*Material shown*

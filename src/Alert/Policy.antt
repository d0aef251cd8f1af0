-- ===== src/Alert/Policy.antt =====
-- src/novelty_alert.rs: the policy, and what a processed match yields.
use ct_firehose_filter.Prelude.{
  ℕ, Bool, true, false, Option, none, List, length, ltb, if◌then◌else◌, Str,
}
use ct_firehose_filter.Prelude.Int.{saturate_u32}
use ct_firehose_filter.Event.{MatchEvent}

-- src/archive.rs
abbrev pub match_archive_schema_version : ℕ
match_archive_schema_version = 1

-- The tier and what it carries.
pub data NoveltyKind : Type 0 where
  tier_a : List Str → NoveltyKind
  tier_b : Str → Str → List Str → NoveltyKind

pub record NoveltyAlert : Type 0 where
  pub schema_version : ℕ
  pub kind : NoveltyKind
  pub event : MatchEvent

pub record NoveltyPolicy : Type 0 where
  pub want_a : Bool
  pub want_b : Bool
  pub skip_routine : Bool
  pub max_coalition_len : ℕ
  pub max_san_count : ℕ
  pub max_partner_degree : ℕ
  pub max_brand_df : ℕ
  pub calibrating : Bool
  pub calibrate_secs : ℕ
  pub calibrate_events : ℕ
  pub emit_candidates : Bool

abbrev pub default_policy : NoveltyPolicy
default_policy = record {
  want_a = true;
  want_b = false;
  skip_routine = true;
  max_coalition_len = 5;
  max_san_count = 32;
  max_partner_degree = 25;
  max_brand_df = 25;
  calibrating = false;
  calibrate_secs = 0;
  calibrate_events = 0;
  emit_candidates = false;
}

pub record NoveltyCandidate : Type 0 where
  pub schema_version : ℕ
  pub kind : Str
  pub reason : Str
  pub coalition : List Str
  pub degrees : List (Str × ℕ)
  pub event_counts : List (Str × ℕ)
  pub fingerprint : Option Str

pub record ProcessStats : Type 0 where
  pub fully_ignored : ℕ
  pub alerts_a : ℕ
  pub alerts_b : ℕ
  pub coalitions_inserted : ℕ
  pub a_oversized_dropped : ℕ
  pub a_mega_san_dropped : ℕ
  pub a_high_df_dropped : ℕ
  pub a_calibrate_muted : ℕ
  pub candidate : Option NoveltyCandidate

abbrev pub no_stats : ProcessStats
no_stats = record {
  fully_ignored = 0;
  alerts_a = 0;
  alerts_b = 0;
  coalitions_inserted = 0;
  a_oversized_dropped = 0;
  a_mega_san_dropped = 0;
  a_high_df_dropped = 0;
  a_calibrate_muted = 0;
  candidate = none;
}

unfoldable pub effective_san_count : MatchEvent → ℕ
effective_san_count ev =
    if ltb 0 ev.san_count then ev.san_count else saturate_u32 (length ev.matched_domains)
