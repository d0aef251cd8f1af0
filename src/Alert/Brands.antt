-- ===== src/Alert/Brands.antt =====
-- src/novelty_alert.rs: the brands and the hosts of a match, and which brands may be alerted.
use ct_firehose_filter.Prelude.{
  ℕ, Bool, true, false, not, ◌&&◌, ◌||◌, Option, none, some, List, [], ◌∷◌, map, filter, is_empty,
  leb, ltb, ◌==◌, max, if◌then◌else◌, Str, codes, str_eq, sort, contains, trim, drop_end,
  to_ascii_lowercase, split,
}
use ct_firehose_filter.Prelude.Int.{ℤ, pos, F64, trunc_i64}
use ct_firehose_filter.Prelude.Sets.{collect_set}
use ct_firehose_filter.Event.{MatchEvent}
use ct_firehose_filter.Watchlist.Host.{strip_star}
use ct_firehose_filter.Novelty.Sql.{Sql, ◌>>=◌, pure}
use ct_firehose_filter.Novelty.Store.{partner_degree, event_count}
use ct_firehose_filter.Alert.Policy.{NoveltyPolicy}

unfoldable pub unique_keywords : MatchEvent → List Str
unfolding sort collect_set
unique_keywords ev = sort (collect_set (map to_ascii_lowercase ev.matched_keywords))

unfoldable pub filter_brands : MatchEvent → List Str → List Str
unfolding sort collect_set
filter_brands ev ignore = sort (
    collect_set
      (filter (λ k. not (contains ignore k)) (map to_ascii_lowercase ev.matched_keywords)))

abbrev normalized_host : Str → Str
normalized_host d = strip_star (to_ascii_lowercase (drop_end (λ c. c == b'.') (trim d)))

unfoldable pub normalized_hosts : MatchEvent → List Str
unfolding sort collect_set drop_end trim
normalized_hosts ev =
    sort (collect_set (filter (λ h. not (is_empty h)) (map normalized_host ev.matched_domains)))

abbrev pub routine_left : List Str
routine_left = map codes (
    "www" ∷ "mail" ∷ "autodiscover" ∷ "cpanel" ∷ "webmail" ∷ "webdisk" ∷ "cpcalendars"
    ∷ "cpcontacts" ∷ "ftp" ∷ "pop" ∷ "imap" ∷ "smtp" ∷ "ns1" ∷ "ns2" ∷ "mx" ∷ "m" ∷ "cdn" ∷ "static"
    ∷ "img" ∷ "images" ∷ "api" ∷ "app" ∷ "dev" ∷ "test" ∷ "qa" ∷ "staging" ∷ "sandbox" ∷ "sbx"
    ∷ "graphql" ∷ "mcpserver" ∷ [])

abbrev first_or_empty : List Str → Str
first_or_empty [] = []
first_or_empty (w ∷ ws) = w

unfoldable pub is_routine_host : Str → Str → Bool
unfolding split
is_routine_host brand host =
    str_eq host brand || contains routine_left (first_or_empty (split b'.' host))

abbrev ts_of_seen : ℤ → Option F64 → ℤ
ts_of_seen now none = now
ts_of_seen now (some F64.nan) = pos 0
ts_of_seen now (some (F64.infinite negative)) = pos 0
ts_of_seen now (some (F64.finite negative m e)) = trunc_i64 negative m e

-- `now` is `SystemTime::now`, as seconds.
unfoldable pub event_ts : ℤ → MatchEvent → ℤ
event_ts now ev = ts_of_seen now ev.seen

module _ (ignore : List Str) (policy : NoveltyPolicy) where
  unfoldable pub effective_degree : Str → Sql ℕ
  effective_degree brand = do
    observed ← partner_degree brand
    pure (
        if ltb 0 policy.max_partner_degree && contains ignore brand
        then max observed policy.max_partner_degree
        else observed)

  unfoldable pub is_learned_hub : Str → Sql Bool
  is_learned_hub brand =
      if contains ignore brand && (ltb 0 policy.max_partner_degree || ltb 0 policy.max_brand_df)
      then pure true
      else do
        frequent ←
            (if ltb 0 policy.max_brand_df
              then (do n ← event_count brand; pure (leb policy.max_brand_df n))
              else pure false)
        if frequent
            then pure true
            else if ltb 0 policy.max_partner_degree
            then (do d ← effective_degree brand; pure (leb policy.max_partner_degree d))
            else pure false

  -- The loop over the brands.
  unfoldable pub low_degree_brands : List Str → Sql (List Str)
  low_degree_brands [] = pure []
  low_degree_brands (b ∷ rest) = do
    hub ← is_learned_hub b
    out ← low_degree_brands rest
    pure (if hub then out else b ∷ out)

  unfoldable pub tier_a_brands : List Str → Sql (List Str)
  tier_a_brands full =
      if (policy.max_partner_degree == 0) && (policy.max_brand_df == 0)
      then pure (sort (filter (λ k. not (contains ignore k)) full))
      else low_degree_brands full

*Exercise objective*
Which of the lines in the data contain the string "true"? Return each one.

*Task response*
  ℕ, Bool, true, false, Option, none, List, length, ltb, if◌then◌else◌, Str,
  want_a = true;
  skip_routine = true;
  ℕ, Bool, true, false, not, ◌&&◌, ◌||◌, Option, none, some, List, [], ◌∷◌, map, filter, is_empty,
      then pure true
            then pure true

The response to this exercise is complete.